* Task requirements: Which lines in the records below contain the word "finished"? Copy each one.
======== Task input
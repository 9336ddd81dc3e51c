-- ===== src/Client.antt =====
-- `TelegramManager.fetch_messages` of src/telegram_client.py, which yields the messages of a chat page by
-- page. The calls of `client.get_messages` are numbered; what comes of each call is a parameter, and so is
-- what the client gives for a limit, an offset and a least id. The log is left out.
pub mod Paging
pub mod Retries
pub mod Fetched
mod Tests
use tobs.Prelude.{
  ℕ, zero, suc, ◌+◌, ◌-◌, min, Option, none, some, Bool, true, false, List, [], ◌∷◌, ◌++◌, leb,
  ◌==◌, if◌then◌else◌,
}

-- What comes of a call: messages, a FloodWaitError with its seconds, or another exception
pub data Attempt : Type 0 where
  succeeds fails : Attempt
  floods : ℕ → Attempt

pub data Outcome : Type 0 where
  finished raised out_of_fuel : Outcome

pub record Client (M : Type 0) : Type 0 where
  pub attempt : ℕ → Attempt
  pub get_messages : ℕ → ℕ → ℕ → List M
  pub id : M → ℕ
  pub has_action : M → Bool

-- `sleeps` are the seconds slept after failed calls, `calls` counts all calls.
pub record Fetch (M : Type 0) : Type 0 where
  pub current_offset_id : ℕ
  pub total_fetched : ℕ
  pub calls : ℕ
  pub sleeps : List ℕ
  pub yielded : List M

pub data Batch (M : Type 0) : Type 0 where
  batch_raised : ℕ → List ℕ → Batch M
  batch_messages : List M → ℕ → List ℕ → Batch M

-- `limit`, `page` and `page_size` to `effective_limit`, with `lazy_message_page_size`
abbrev pub page_limit : Option ℕ → ℕ → Option ℕ
page_limit limit page_size = if page_size == 0 then limit else some page_size

abbrev pub effective_limit : ℕ → Option ℕ → Option ℕ → Option ℕ → Option ℕ
effective_limit lazy_size limit none page_size = limit
effective_limit lazy_size limit (some page) none = page_limit limit lazy_size
effective_limit lazy_size limit (some page) (some page_size) = page_limit limit page_size

abbrev pub is_reached : Option ℕ → ℕ → Bool
is_reached none total_fetched = false
is_reached (some limit) total_fetched = leb limit total_fetched

abbrev pub batch_limit : ℕ → Option ℕ → ℕ → ℕ
batch_limit batch_size none total_fetched = batch_size
batch_limit batch_size (some limit) total_fetched = min batch_size (limit - total_fetched)

module _ {M : Type 0} (c : Client M) where
  -- `while retry_count < max_retries`, with the number of retries that are left
  unfoldable pub fetch_batch : ℕ → ℕ → ℕ → ℕ → ℕ → List ℕ → Batch M
  fetch_batch zero limit offset_id min_id calls sleeps = batch_messages [] calls sleeps
  fetch_batch (suc retries) limit offset_id min_id calls sleeps =
      let retry = fetch_batch retries limit offset_id min_id (calls + 1) in
      elim (c.attempt calls) [
        | succeeds ↦ batch_messages (c.get_messages limit offset_id min_id) (calls + 1) sleeps
        | floods seconds ↦
            if retries == 0
            then batch_raised (calls + 1) sleeps
            else retry (sleeps ++ (seconds + 1) ∷ [])
        | fails ↦ if retries == 0 then batch_raised (calls + 1) sleeps else retry (sleeps ++ 5 ∷ [])
      ]

  -- `for message in batch_messages`: what is yielded, and `total_fetched`
  unfoldable pub yield_batch : Option ℕ → List M → ℕ → List M × ℕ
  yield_batch limit [] total = ([], total)
  yield_batch limit (message ∷ batch) total =
      let skipped = yield_batch limit batch total in
      let rest = yield_batch limit batch (total + 1) in
      if c.has_action message
      then skipped
      else if is_reached limit (total + 1)
      then (message ∷ [], total + 1)
      else (message ∷ rest.0, rest.1)

  abbrev pub last_id : M → List M → ℕ
  last_id m [] = c.id m
  last_id m (n ∷ ms) = last_id n ms

  -- What follows a batch with messages
  abbrev pub after_batch : Option ℕ → M → List M → ℕ → List ℕ → Fetch M → Fetch M
  after_batch limit m ms calls sleeps s =
      let (messages, total) = yield_batch limit (m ∷ ms) s.total_fetched in
      record {
        current_offset_id = last_id m ms;
        total_fetched = total;
        calls = calls;
        sleeps = sleeps;
        yielded = s.yielded ++ messages;
      }

  abbrev pub called : ℕ → List ℕ → Fetch M → Fetch M
  called calls sleeps s = record s { calls = calls; sleeps = sleeps }

  -- `while True`
  unfoldable pub fetch_from : ℕ → ℕ → Option ℕ → ℕ → Fetch M → Outcome × Fetch M
  unfolding fetch_batch
  fetch_from zero batch_size limit min_id s = (out_of_fuel, s)
  fetch_from (suc fuel) batch_size limit min_id s =
      let next = fetch_from fuel batch_size limit min_id in
      if is_reached limit s.total_fetched
      then (finished, s)
      else elim (fetch_batch 3 (batch_limit batch_size limit s.total_fetched) s.current_offset_id
          min_id s.calls s.sleeps) [
            | batch_raised calls sleeps ↦ (raised, called calls sleeps s)
            | batch_messages messages calls sleeps ↦ elim messages [
              | [] ↦ (finished, called calls sleeps s)
              | m ∷ ms ↦ next (after_batch limit m ms calls sleeps s)
            ]
          ]

  abbrev pub new_fetch : Fetch M
  new_fetch = record {
    current_offset_id = 0;
    total_fetched = 0;
    calls = 0;
    sleeps = [];
    yielded = [];
  }

  -- `min_id` None is 0.
  abbrev pub fetch_messages : ℕ → ℕ → Option ℕ → ℕ → Outcome × Fetch M
  fetch_messages fuel batch_size limit min_id = fetch_from fuel batch_size limit min_id new_fetch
================
* Answer area:
  finished raised out_of_fuel : Outcome
      then (finished, s)
              | [] ↦ (finished, called calls sleeps s)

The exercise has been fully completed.